3) Inducement into Contract.
How do we conclude if the plaintiff was induced into contracting?

One of the ways is to show valid inducement, in contrast the other side would be trying to show the misstatement was an unimportant reason where there would then be no inducement

What would be considered valid inducement?

It is valid even if there are other reasons to enter as per the case of Edgington v Fitzwilliam
It need not be sole or even predominant reason
And it would work even if the party would have entered into the contract anyway like in Re Leeds Bank

And on the other end, what wouldn't be?
If the inducee regards it as unimportant, although there is a thin line in distinguishing between this and other reasons to enter.
There are cases of this like in Smith v Chadwick 1884; also JEB fasteners v Marks Bloom and Co (1983) where J's claim for damages for M's negligent preparation of accounts of a company J was subsuming, J had not relied on accounts but proceeded with takeover to secure services of its directors

It would also be invalid if the party is unaware of representation as was the case in Horsfall v Thomas 1862;
where a cannon defect was concealed, but was never examined by the buyer.

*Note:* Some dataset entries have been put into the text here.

-- ===== src/Agent/Recommend/Sequence.antt =====
-- A recommended port passes all layers of validation, and is the first that does.
use mathlib.Core.Path.{subst}
use port_forge.Prelude.{
  sym, ◌∙◌, Bool-cases, inl, inr, ℕ, zero, suc, ◌+◌, ◌-◌, ◌≤◌, ◌<◌, String, Option, none, some,
  Bool, true, false, ◌≡◌, refl, arith,
}
use port_forge.Agent.Records.{Listener, Reservation}
use port_forge.Agent.Evaluate.{find_discovered, find_reservation}
use port_forge.Agent.Recommend.{
  Layers, validate, verdict_of, is_excluded, is_accepted, walk, recommend_in, recommend_port,
  range_for,
}

-- The layers of validation, as facts about a candidate.
pub record Passes (l : Layers) (port : ℕ) : Type 0 where
  pub not_excluded : is_excluded l.config port ≡ false
  pub not_listening : find_discovered l.discovered port l.protocol ≡ none
  pub not_reserved : find_reservation l.rows l.host_id port l.protocol none ≡ none
  pub can_bind : l.bindable port ≡ true

verdict_accepted :
    (x : Bool) (d : Option Listener) (r : Option Reservation) (b : Bool)
    → is_accepted (verdict_of x d r b) ≡ true
    → (x ≡ false) × (d ≡ none) × (r ≡ none) × (b ≡ true)
unfolding verdict_of
verdict_accepted x d r b h = ground arith

accepts :
    (x : Bool) (d : Option Listener) (r : Option Reservation) (b : Bool)
    → x ≡ false
    → d ≡ none
    → r ≡ none
    → b ≡ true
    → is_accepted (verdict_of x d r b) ≡ true
unfolding verdict_of
accepts x d r b hx hd hr hb = rw (hx, hd, hr, hb) refl

accepted-Passes : (l : Layers) (port : ℕ) → is_accepted (validate l port) ≡ true → Passes l port
unfolding validate
accepted-Passes l port h =
    let (x, d, r, b) =
      verdict_accepted (is_excluded l.config port) (find_discovered l.discovered port l.protocol)
        (find_reservation l.rows l.host_id port l.protocol none) (l.bindable port) h in
    record { not_excluded = x; not_listening = d; not_reserved = r; can_bind = b }

Passes-accepted : (l : Layers) (port : ℕ) → Passes l port → is_accepted (validate l port) ≡ true
unfolding validate
Passes-accepted l port p =
    accepts (is_excluded l.config port) (find_discovered l.discovered port l.protocol)
      (find_reservation l.rows l.host_id port l.protocol none) (l.bindable port) p.not_excluded
      p.not_listening p.not_reserved p.can_bind

walk-some :
    (l : Layers) (n c tried : ℕ) {port : ℕ}
    → (walk l n c tried).0 ≡ some port
    → (is_accepted (validate l port) ≡ true)
      × (c ≤ port)
      × (port < c + n)
      × ((q : ℕ) → c ≤ q → q < port → is_accepted (validate l q) ≡ false)
unfolding walk
walk-some l zero c tried e = absurd (cc e)
walk-some l (suc n) c tried {port} e = elim (Bool-cases (is_accepted (validate l c))) [
  | inl good ↦
      let same : some c ≡ some port = sym (rw good refl) ∙ e in
      let at_port : c ≡ port = cc same in
      (
        subst (λ q. is_accepted (validate l q) ≡ true) at_port good,
        omega (arith, at_port),
        omega (arith, at_port),
        λ q from to. absurd (omega (arith, at_port)),
      )
  | inr bad ↦
      let (good, low, high, least) =
        walk-some l n (suc c) (suc tried) {port = port} (sym (rw bad refl) ∙ e) in
      (good, omega arith, omega arith, λ q from to. ground (arith, least q, bad))
]

walk-none :
    (l : Layers) (n c tried : ℕ)
    → (walk l n c tried).0 ≡ none
    → (q : ℕ) → c ≤ q
    → q < c + n
    → is_accepted (validate l q) ≡ false
unfolding walk
walk-none l zero c tried e q low high = absurd (omega arith)
walk-none l (suc n) c tried e q low high =
    ground
      (arith, walk-none l n (suc c) (suc tried), walk-none l n (suc c) (suc tried) (ground arith) q)

-- What a recommendation over a range promises: its first port that passes all layers, or nothing if
-- none does.
abbrev pub IsFirstPassing : Layers → ℕ × ℕ → Option ℕ → Type 0
IsFirstPassing l (start, end) none = (q : ℕ) → start ≤ q → q ≤ end → Passes l q → ⊥
IsFirstPassing l (start, end) (some port) =
    Passes l port
    × (start ≤ port)
    × (port ≤ end)
    × ((q : ℕ) → start ≤ q → q < port → Passes l q → ⊥)

not_passing : (l : Layers) (q : ℕ) → is_accepted (validate l q) ≡ false → Passes l q → ⊥
not_passing l q f p = cc (f, Passes-accepted l q p)

walk-IsFirstPassing :
    (l : Layers) (start end : ℕ) (o : Option ℕ)
    → (walk l (suc end - start) start 0).0 ≡ o
    → IsFirstPassing l (start, end) o
walk-IsFirstPassing l start end none e =
    λ q low high p. not_passing l q (walk-none l (suc end - start) start 0 e q low (omega arith)) p
walk-IsFirstPassing l start end (some port) e =
    let (good, low, high, least) = walk-some l (suc end - start) start 0 e in
    (
      accepted-Passes l port good,
      low,
      omega arith,
      λ q from to p. not_passing l q (least q from to) p,
    )

-- A recommended port lies in the configured range of the service type, is not excluded, has no
-- listener and no reservation, and can be bound, and no earlier port of the range is so; and if no
-- port is recommended, then none of the range is so.
pub recommend_port-IsFirstPassing :
    (l : Layers) (service_type : String) (range : ℕ × ℕ)
    → range_for l.config service_type ≡ some range
    → IsFirstPassing l range (recommend_port l service_type).recommended_port
unfolding recommend_port recommend_in
recommend_port-IsFirstPassing l service_type (start, end) e =
    rw e (walk-IsFirstPassing l start end (walk l (suc end - start) start 0).0 refl)
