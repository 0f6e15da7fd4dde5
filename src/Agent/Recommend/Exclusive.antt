-- ===== src/Agent/Recommend/Exclusive.antt =====
-- Recommending and reserving as one step: what is reserved was free, and no port is given twice.
use mathlib.Core.Path.{subst}
use port_forge.Prelude.{
  ℕ, String, Option, none, some, List, [], ◌∷◌, ◌++◌, Bool, false, ◌==◌, ◌≡◌, ◌≢◌, refl, sym, ap,
  ◌∙◌, arith, any,
}
use port_forge.Central.Vocabulary.{Protocol}
use port_forge.Agent.Records.{Reservation, create}
use port_forge.Agent.Evaluate.{is_for, find_reservation}
use port_forge.Agent.Reserve.{Run, find_exact}
use port_forge.Agent.Reserve.History.{IsStore, append-IsStore, is_for-created, find-append}
use port_forge.Agent.Recommend.{
  Layers, PortForgeConfig, recommend_port, recommend_in, range_for, RecommendRequest,
  recommend_and_reserve, reserve_recommended, layers_of, claim_of,
}
use port_forge.Agent.Recommend.Sequence.{Passes, recommend_port-IsFirstPassing, IsFirstPassing}

passing_port :
    (l : Layers) (service_type : String) (o : Option (ℕ × ℕ)) {port : ℕ}
    → range_for l.config service_type ≡ o
    → (recommend_port l service_type).recommended_port ≡ some port
    → Passes l port
unfolding recommend_port recommend_in
passing_port l service_type none {port} e h =
    let absent : none ≡ some port = sym (rw e refl) ∙ h in absurd (cc absent)
passing_port l service_type (some range) {port} e h =
    let first = recommend_port-IsFirstPassing l service_type range e in
    (subst (IsFirstPassing l range) h first).0

-- A lookup for any address is a lookup of the binding.
find_reservation-exact :
    (rows : List Reservation) (host_id : String) (port : ℕ) (protocol : Protocol)
    → find_reservation rows host_id port protocol none ≡ find_exact rows host_id port protocol
find_reservation-exact [] host_id port protocol = refl
find_reservation-exact (r ∷ rows) host_id port protocol =
    ground (arith, find_reservation-exact rows host_id port protocol)

-- What a recommendation that reserves leaves: the reservation for a port that passes all layers,
-- and that the file did not have.
pub record IsGiven (config : PortForgeConfig) (bindable : ℕ → Bool) (run : Run)
    (q : RecommendRequest) (rows : List Reservation) (r : Reservation) (rows' : List Reservation)
    : Type 0 where
  pub passes : Passes (layers_of config bindable run q rows) r.port
  pub appended : rows' ≡ rows ++ r ∷ []
  pub new : r ≡ create run.host_id (claim_of q r.port) run.new_id run.now
  pub free : find_exact rows run.host_id r.port q.protocol ≡ none
  pub held : find_exact rows' run.host_id r.port q.protocol ≡ some r

module _ (config : PortForgeConfig) (bindable : ℕ → Bool) (run : Run) (q : RecommendRequest)
    (rows : List Reservation) where
  given :
      (o : Option ℕ)
      → (recommend_port (layers_of config bindable run q rows) q.service_type).recommended_port ≡ o
      → {r : Reservation} {rows' : List Reservation}
      → reserve_recommended run q rows o ≡ (some r, rows')
      → IsGiven config bindable run q rows r rows'
  unfolding reserve_recommended
  given none e h = absurd (cc h)
  given (some port) e {r} {rows'} h =
      let l = layers_of config bindable run q rows in
      let made = create run.host_id (claim_of q port) run.new_id run.now in
      let passes = passing_port l q.service_type (range_for l.config q.service_type) refl e in
      let free : find_exact rows run.host_id port q.protocol ≡ none =
        sym (find_reservation-exact rows run.host_id port q.protocol) ∙ passes.not_reserved in
      let same : made ≡ r = cc h in
      let after : rows ++ made ∷ [] ≡ rows' = cc h in
      subst (λ t. IsGiven config bindable run q rows r t) after
        (subst (λ t. IsGiven config bindable run q rows t (rows ++ made ∷ [])) same
          (record {
            passes = passes;
            appended = refl;
            new = refl;
            free = free;
            held =
                find-append (is_for run.host_id port q.protocol) rows made free
                  (is_for-created run (claim_of q port));
          }))

-- A recommendation that reserves appends one reservation, for a port that is not excluded, has no
-- listener, was not reserved before and can be bound; the file's lookup then finds it.
pub recommend_and_reserve-IsGiven :
    (config : PortForgeConfig) (bindable : ℕ → Bool) (run : Run) (q : RecommendRequest)
    (rows : List Reservation) {r : Reservation} {rows' : List Reservation}
    → (recommend_and_reserve config bindable run q rows).1 ≡ (some r, rows')
    → IsGiven config bindable run q rows r rows'
unfolding recommend_and_reserve
recommend_and_reserve-IsGiven config bindable run q rows h =
    given config bindable run q rows
      (recommend_port (layers_of config bindable run q rows) q.service_type).recommended_port refl h

module _ (config : PortForgeConfig) (bindable : ℕ → Bool) (run : Run) (q : RecommendRequest)
    (rows : List Reservation) where
  stored :
      {r : Reservation} {rows' : List Reservation}
      → any (λ w. w.reservation_id == run.new_id) rows ≡ false
      → IsGiven config bindable run q rows r rows'
      → IsStore rows
      → IsStore rows'
  stored {r} {rows'} new g s =
      let made = create run.host_id (claim_of q r.port) run.new_id run.now in
      let after : rows ++ made ∷ [] ≡ rows' = sym (g.appended ∙ ap (λ t. rows ++ t ∷ []) g.new) in
      subst IsStore after (append-IsStore run (claim_of q r.port) rows new g.free s)

-- Two commands on one host, the second on the file that the first left, never receive the same
-- port for the same protocol, whatever their service types, configurations, discoveries and bind
-- probes; and the file that they leave reserves no binding twice and uses no id twice, if it was so
-- before and each draws an id that the file does not have.
pub recommend_and_reserve-exclusive :
    (config config' : PortForgeConfig) (bindable bindable' : ℕ → Bool) (run run' : Run)
    (q q' : RecommendRequest) (rows : List Reservation) {r r' : Reservation}
    {rows' rows'' : List Reservation}
    → run'.host_id ≡ run.host_id
    → q'.protocol ≡ q.protocol
    → any (λ w. w.reservation_id == run.new_id) rows ≡ false
    → any (λ w. w.reservation_id == run'.new_id) rows' ≡ false
    → IsStore rows
    → (recommend_and_reserve config bindable run q rows).1 ≡ (some r, rows')
    → (recommend_and_reserve config' bindable' run' q' rows').1 ≡ (some r', rows'')
    → (r.port ≢ r'.port) × IsStore rows''
recommend_and_reserve-exclusive config config' bindable bindable' run run' q q' rows {r} {r'}
      {rows'} {rows''} host protocol new new' s h h' =
    let g = recommend_and_reserve-IsGiven config bindable run q rows h in
    let g' = recommend_and_reserve-IsGiven config' bindable' run' q' rows' h' in
    (
      λ same.
          let held : find_exact rows' run'.host_id r'.port q'.protocol ≡ some r =
            ap (λ x. find_exact rows' x r'.port q'.protocol) host
            ∙ (ap (λ x. find_exact rows' run.host_id r'.port x) protocol
                ∙ (ap (λ x. find_exact rows' run.host_id x q.protocol) (sym same) ∙ g.held)) in
          let taken : none ≡ some r = sym g'.free ∙ held in cc taken,
      stored config' bindable' run' q' rows' new' g' (stored config bindable run q rows new g s),
    )
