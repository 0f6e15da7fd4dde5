-- ===== src/Agent/Tests.antt =====
-- The theorems on the agent at concrete inputs.
mod Changes
mod Flows
use port_forge.Prelude.{
  ℕ, String, none, some, List, [], ◌∷◌, Bool, true, refl, ◌≡◌, ◌≢◌, ◌↔◌, arith, any, select, ◌||◌,
  eq_iff,
}
use port_forge.Central.Vocabulary.{Protocol, tcp, Source, conflict}
use port_forge.Agent.Records.{Listener, Reservation, Claim, create}
use port_forge.Agent.Evaluate.{evaluate_port, evaluate_all, listens_on, is_for}
use port_forge.Agent.Evaluate.States.{Means, evaluate_port_iff}
use port_forge.Agent.Evaluate.Slots.{evaluate_all-slots, is_slot, IsSortedFrom}
use port_forge.Agent.Reserve.{
  Run, reserve, release, sync_project_reservations, reserve_success, find_exact,
}
use port_forge.Agent.Reserve.Ownership.{
  is_foreign, HasIds, reserve-foreign, release-foreign, sync-foreign,
}
use port_forge.Agent.Reserve.History.{
  IsStore, reserving, releasing, stop, next, Commands-IsStore, reserve-found, release-reserve,
}
use port_forge.Agent.Recommend.{
  PortForgeConfig, default_ranges, RecommendRequest, recommend_port, recommend_and_reserve,
  range_for, layers_of,
}
use port_forge.Agent.Recommend.Sequence.{IsFirstPassing, recommend_port-IsFirstPassing}
use port_forge.Agent.Recommend.Exclusive.{
  IsGiven, recommend_and_reserve-IsGiven, recommend_and_reserve-exclusive,
}

abbrev listener : Listener
listener = record {
  source = Source.process;
  port = 3000;
  host_port = some 3000;
  protocol = tcp;
  bind_address = "127.0.0.1";
  pid = some 7;
  process_name = some "node";
  process_path = none;
  working_directory = none;
  raw_state = none;
  container_id = none;
  container_name = none;
  project_name = none;
}

abbrev claim : ℕ → String → Claim
claim port project = record {
  port = port;
  project = project;
  protocol = tcp;
  service = none;
  purpose = none;
  bind_address = none;
  notes = none;
}

abbrev run : ℕ → Run
run id = record { host_id = "laptop"; discovered = listener ∷ []; now = 9; new_id = id }

abbrev kept : Reservation
kept = create "laptop" (claim 3001 "Blog") 1 2

abbrev file : List Reservation
file = kept ∷ []

evaluate_port_iff_example :
    ((evaluate_port "laptop" 3000 tcp (some listener) (some kept)).state ≡ conflict)
    ↔ Means conflict (some listener) (some kept)
evaluate_port_iff_example = evaluate_port_iff "laptop" 3000 tcp (some listener) (some kept) conflict

evaluate_all-slots_example :
    ((port : ℕ) (protocol : Protocol)
      → any (is_slot port protocol) (evaluate_all "laptop" (listener ∷ []) file) ≡ (
          any (listens_on port protocol) (listener ∷ [])
          || any (is_for "laptop" port protocol) file))
    × IsSortedFrom 0 (evaluate_all "laptop" (listener ∷ []) file)
evaluate_all-slots_example = evaluate_all-slots "laptop" (listener ∷ []) file

reserve-foreign_example :
    select (is_foreign "shop") (reserve (run 5) (claim 3002 "shop") file).rows
    ≡ select (is_foreign "shop") file
reserve-foreign_example = reserve-foreign (run 5) (claim 3002 "shop") file

file_ids : HasIds file
file_ids = (refl, tt)

release-foreign_example :
    select (is_foreign "blog") (release "laptop" 3001 "blog" tcp file).rows
    ≡ select (is_foreign "blog") file
release-foreign_example = release-foreign "laptop" 3001 "blog" tcp file file_ids

file-IsStore : IsStore file
file-IsStore = ((refl, tt), (refl, tt))

Commands-IsStore_example :
    IsStore (release "laptop" 3001 "blog" tcp (reserve (run 5) (claim 3002 "shop") file).rows).rows
Commands-IsStore_example =
    Commands-IsStore
      (next (reserving (run 5) (claim 3002 "shop") file refl) (
        next (releasing "laptop" 3001 "blog" tcp (reserve (run 5) (claim 3002 "shop") file).rows) (
          stop
            (release "laptop" 3001 "blog" tcp
              (reserve (run 5) (claim 3002 "shop") file).rows).rows)))
      file-IsStore

made : reserve_success (reserve (run 5) (claim 3002 "shop") file).outcome ≡ true
unfolding reserve
made = refl

named : (claim 3002 "shop").project ≢ ""
named h = ground (arith, eq_iff (claim 3002 "shop").project "", h)

release-reserve_example :
    (release "laptop" 3002 "shop" tcp (reserve (run 5) (claim 3002 "shop") file).rows).rows ≡ file
release-reserve_example = release-reserve (run 5) (claim 3002 "shop") file named refl refl made

abbrev config : PortForgeConfig
config = record { ranges = default_ranges; exclusions = (3002, 3002) ∷ [] }

abbrev bindable : ℕ → Bool
bindable port = true

abbrev wish : RecommendRequest
wish = record {
  service_type = "frontend";
  project = "shop";
  service = none;
  purpose = none;
  protocol = tcp;
  notes = none;
}

frontend : range_for config "frontend" ≡ some (3000, 3999)
unfolding range_for
frontend = refl

recommend_port-IsFirstPassing_example :
    IsFirstPassing
      (layers_of config bindable (run 5) wish file)
      (3000, 3999)
      (recommend_port (layers_of config bindable (run 5) wish file) "frontend").recommended_port
recommend_port-IsFirstPassing_example =
    recommend_port-IsFirstPassing (layers_of config bindable (run 5) wish file) "frontend"
      (3000, 3999) frontend

-- The ports 3000, 3001 and 3002 are in use, reserved and excluded.
abbrev first_given : Reservation
first_given = create "laptop" (claim 3003 "shop") 5 9

abbrev second_given : Reservation
second_given = create "laptop" (claim 3004 "shop") 6 9

gives_first :
    (recommend_and_reserve config bindable (run 5) wish file).1
    ≡ (some first_given, kept ∷ first_given ∷ [])
unfolding recommend_and_reserve
gives_first = refl

gives_second :
    (recommend_and_reserve config bindable (run 6) wish (kept ∷ first_given ∷ [])).1
    ≡ (some second_given, kept ∷ first_given ∷ second_given ∷ [])
unfolding recommend_and_reserve
gives_second = refl

recommend_and_reserve-IsGiven_example :
    IsGiven config bindable (run 5) wish file first_given (kept ∷ first_given ∷ [])
recommend_and_reserve-IsGiven_example =
    recommend_and_reserve-IsGiven config bindable (run 5) wish file gives_first

recommend_and_reserve-exclusive_example :
    (first_given.port ≢ second_given.port) × IsStore (kept ∷ first_given ∷ second_given ∷ [])
recommend_and_reserve-exclusive_example =
    recommend_and_reserve-exclusive config config bindable bindable (run 5) (run 6) wish wish file
      refl refl refl refl file-IsStore gives_first gives_second
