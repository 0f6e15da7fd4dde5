-- ===== src/Agent/Tests/Changes.antt =====
-- The theorems on discovery and on changes of configuration files at concrete inputs.
use port_forge.Prelude.{
  inl, String, Option, none, some, [], ◌∷◌, Bool, true, false, refl, ◌≡◌, ◌&&◌, select, any, length,
  opt_str_eq, str_eq, if◌then◌else◌,
}
use port_forge.Prelude.Result.{ok, err}
use port_forge.Central.Vocabulary.{tcp, Source}
use port_forge.Agent.Records.{Listener}
use port_forge.Agent.Discovery.{is_bound, merge_native_and_docker}
use port_forge.Agent.Discovery.Merge.{merge-is_bound}
use port_forge.Agent.Mutations.{
  resolve_within_root, planned, applied, PlannedFile, MutationRecord, Files, Store, World, raised,
  os_error, apply_failed, apply_mutation, rollback_mutation,
}
use port_forge.Agent.Mutations.Restore.{apply_mutation_all_or_nothing}
use port_forge.Agent.Mutations.Traces.{are_apart}
use port_forge.Agent.Mutations.Rollback.{IsUndoneIn, rollback_mutation-apply_mutation}

abbrev proxy : Listener
proxy = record {
  source = Source.process;
  port = 8080;
  host_port = some 8080;
  protocol = tcp;
  bind_address = "0.0.0.0";
  pid = some 9;
  process_name = some "docker-proxy";
  process_path = none;
  working_directory = none;
  raw_state = some "LISTEN";
  container_id = none;
  container_name = none;
  project_name = none;
}

abbrev container : Listener
container = record proxy {
  source = Source.docker;
  pid = none;
  process_name = none;
  raw_state = none;
  container_id = some "c1";
  container_name = some "web";
}

abbrev of_web : Listener → Bool
of_web p = opt_str_eq p.container_name (some "web")

merge-is_bound_example :
    length (
      select
        (λ p. is_bound tcp "0.0.0.0" 8080 p && of_web p)
        (merge_native_and_docker (proxy ∷ proxy ∷ []) (container ∷ [])))
    ≡ (if any (is_bound tcp "0.0.0.0" 8080) (container ∷ [])
        then length (select (λ p. is_bound tcp "0.0.0.0" 8080 p && of_web p) (container ∷ []))
        else length (select (λ p. is_bound tcp "0.0.0.0" 8080 p && of_web p) (proxy ∷ proxy ∷ [])))
merge-is_bound_example =
    merge-is_bound tcp "0.0.0.0" 8080 of_web (proxy ∷ proxy ∷ []) (container ∷ []) (λ d n. refl)

abbrev world : World
world = record {
  resolve = λ p. p;
  is_relative_to_root = λ p. true;
  sha256 = λ c. c;
  is_compose = λ c. true;
  is_kubernetes = λ c. true;
  is_writable = λ p. true;
  is_restorable = λ p. true;
  is_backup_writable = λ n. true;
  is_record_writable = λ s. true;
}

-- The second file cannot be replaced.
abbrev pub guarded : World
guarded = record world { is_writable = λ p. if str_eq p "b" then false else true }

abbrev disk : Files
disk q = if str_eq q "a" then some "x=1" else none

abbrev change : String → Option String → PlannedFile
change path before = record {
  relative_path = path;
  kind = "dotenv";
  before_hash = before;
  new_content = "x=2";
  after_hash = none;
}

abbrev pub plan : MutationRecord
plan = record {
  mutation_id = "m1";
  status = planned;
  files = change "a" (some "x=1") ∷ change "b" none ∷ [];
}

abbrev pub store : Store
store = record { files = disk; backups = λ n. none; saved = some plan }

guarded_fails :
    apply_mutation guarded store ≡ (err (raised apply_failed), (apply_mutation guarded store).1)
unfolding apply_mutation resolve_within_root
guarded_fails = refl

apply_mutation_all_or_nothing_example :
    ((path : String) → (apply_mutation guarded store).1.files path ≡ store.files path)
    × ((apply_mutation guarded store).1.saved ≡ store.saved)
apply_mutation_all_or_nothing_example =
    apply_mutation_all_or_nothing guarded store {e = raised apply_failed}
      {store' = (apply_mutation guarded store).1} guarded_fails (inl (λ x. absurd (cc x)))

abbrev done : MutationRecord
done = record plan {
  status = applied;
  files =
      record (change "a" (some "x=1")) { after_hash = some "x=2" }
      ∷ record (change "b" none) { after_hash = some "x=2" }
      ∷ [];
}

world_succeeds : apply_mutation world store ≡ (ok done, (apply_mutation world store).1)
unfolding apply_mutation resolve_within_root
world_succeeds = refl

plan_apart : are_apart world plan.files ≡ true
unfolding resolve_within_root
plan_apart = refl

rollback_mutation-apply_mutation_example : IsUndoneIn world store (apply_mutation world store).1
rollback_mutation-apply_mutation_example =
    rollback_mutation-apply_mutation world store plan {r' = done}
      {after = (apply_mutation world store).1} (λ p. refl) refl refl refl plan_apart
      (refl, (refl, tt)) world_succeeds

-- Two files of one backup name: the rollback gives the first the content of the second.
abbrev crossed : Store
crossed = record {
  files = λ q. if str_eq q "a/b" then some "1" else if str_eq q "a__b" then some "2" else none;
  backups = λ n. none;
  saved = some (record plan { files = change "a/b" (some "1") ∷ change "a__b" (some "2") ∷ [] });
}

crossed_rollback :
    (rollback_mutation world (apply_mutation world crossed).1).1.files "a/b" ≡ some "2"
unfolding rollback_mutation apply_mutation resolve_within_root
crossed_rollback = refl

-- The second file can neither be written nor, once the first is, can the first be put back.
abbrev stuck : World
stuck = record guarded { is_restorable = λ p. false }

stuck_half_written :
    ((apply_mutation stuck store).0 ≡ err os_error)
    × ((apply_mutation stuck store).1.files "a" ≡ some "x=2")
unfolding apply_mutation resolve_within_root
stuck_half_written = (refl, refl)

Another way for inducement to be invalidated is if the inducee knows the representation is untrue which was evinced in Cooper v Tamms 1988

It is also possibly to invalidify it if it can be proven that the person represented to was unaffected by representation as he relies on other information, extracting from Atwood v Small

(Extra) Does an offer for verification change anything?
Generally no - Redgrave v Hurd
where buyer declined an invitation to examine further documents
"the representation once made relieves the party from an investigation... under ordinary circumstances, the mere fact that he does not avail himself of the opportunity of testing the accuracy of the representation made to him will not enable the opposing party to succeed on that ground." i.e. seller should not be allowed accuse buyer of trusting him

(iii) Determining Materiality & Importance { link (i) }
Generally courts will undertake the process of filtering out trivial statements in searching for evidence of inducement,
if deemed Material; the burden of proof would be laid upon Defendant to prove it was either immaterial or unimportant
if not; the burden of proof would lie upon Plaintiff to assert inducement
Generally however, if fraud can be proven, materiality is far less important a reason.

4) Fraudulent Intention

Fraudulent intention in inducement had under Derry v Peek been relatively hard to prove and even unreasonable carlessness is not sufficient.
However once it can be proven that the party had an intention to cheat or deceive, the full range of fraudulent damages is opened up.

5) Remedies for fraudulent misrepresentation / inducement
Damages deceit are recoverable for all losses flowing from the fraud, even if they were not foreseeable by the inducer.
This covers even the most remote of possibilities that eventually happened.
The fraudulent party is liable for any existing flaws and loss in value, regardless of whether it was opportunity cost or losses due to being "locked into" a property, such as shares.
Contributory negligence is no longer taken into account.